┏━━

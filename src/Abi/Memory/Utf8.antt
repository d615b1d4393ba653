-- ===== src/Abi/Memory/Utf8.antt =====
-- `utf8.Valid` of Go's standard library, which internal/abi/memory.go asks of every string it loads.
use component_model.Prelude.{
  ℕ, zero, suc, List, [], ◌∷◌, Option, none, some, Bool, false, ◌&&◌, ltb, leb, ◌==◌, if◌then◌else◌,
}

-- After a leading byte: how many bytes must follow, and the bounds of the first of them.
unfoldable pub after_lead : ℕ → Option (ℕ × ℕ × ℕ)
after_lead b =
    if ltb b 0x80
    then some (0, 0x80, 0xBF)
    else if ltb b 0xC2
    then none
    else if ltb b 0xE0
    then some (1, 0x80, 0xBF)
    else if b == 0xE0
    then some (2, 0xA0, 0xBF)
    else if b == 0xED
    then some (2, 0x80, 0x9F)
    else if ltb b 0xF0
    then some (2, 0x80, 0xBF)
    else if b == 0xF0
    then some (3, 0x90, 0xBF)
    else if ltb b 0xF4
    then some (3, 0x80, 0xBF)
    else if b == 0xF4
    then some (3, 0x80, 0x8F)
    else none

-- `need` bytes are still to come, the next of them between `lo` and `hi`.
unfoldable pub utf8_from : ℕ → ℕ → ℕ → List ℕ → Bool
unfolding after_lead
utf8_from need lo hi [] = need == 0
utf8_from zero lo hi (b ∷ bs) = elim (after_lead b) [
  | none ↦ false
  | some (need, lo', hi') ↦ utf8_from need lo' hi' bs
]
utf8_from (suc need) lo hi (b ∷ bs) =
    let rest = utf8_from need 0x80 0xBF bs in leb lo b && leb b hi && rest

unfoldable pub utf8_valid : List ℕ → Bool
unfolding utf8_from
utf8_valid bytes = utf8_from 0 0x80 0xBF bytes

┗━━

→ **Exercise prompt**
Repeat all entries. Match them exactly.

→ **Written answer**
filename src/Abi/Memory/Utf8.antt
repository d615b1d4393ba653
-- ===== src/Abi/Memory/Utf8.antt =====
-- `utf8.Valid` of Go's standard library, which internal/abi/memory.go asks of every string it loads.
use component_model.Prelude.{
  ℕ, zero, suc, List, [], ◌∷◌, Option, none, some, Bool, false, ◌&&◌, ltb, leb, ◌==◌, if◌then◌else◌,
}

-- After a leading byte: how many bytes must follow, and the bounds of the first of them.
unfoldable pub after_lead : ℕ → Option (ℕ × ℕ × ℕ)
after_lead b =
    if ltb b 0x80
    then some (0, 0x80, 0xBF)
    else if ltb b 0xC2
    then none
    else if ltb b 0xE0
    then some (1, 0x80, 0xBF)
    else if b == 0xE0
    then some (2, 0xA0, 0xBF)
    else if b == 0xED
    then some (2, 0x80, 0x9F)
    else if ltb b 0xF0
    then some (2, 0x80, 0xBF)
    else if b == 0xF0
    then some (3, 0x90, 0xBF)
    else if ltb b 0xF4
    then some (3, 0x80, 0xBF)
    else if b == 0xF4
    then some (3, 0x80, 0x8F)
    else none

-- `need` bytes are still to come, the next of them between `lo` and `hi`.
unfoldable pub utf8_from : ℕ → ℕ → ℕ → List ℕ → Bool
unfolding after_lead
utf8_from need lo hi [] = need == 0
utf8_from zero lo hi (b ∷ bs) = elim (after_lead b) [
  | none ↦ false
  | some (need, lo', hi') ↦ utf8_from need lo' hi' bs
]
utf8_from (suc need) lo hi (b ∷ bs) =
    let rest = utf8_from need 0x80 0xBF bs in leb lo b && leb b hi && rest

unfoldable pub utf8_valid : List ℕ → Bool
unfolding utf8_from
utf8_valid bytes = utf8_from 0 0x80 0xBF bytes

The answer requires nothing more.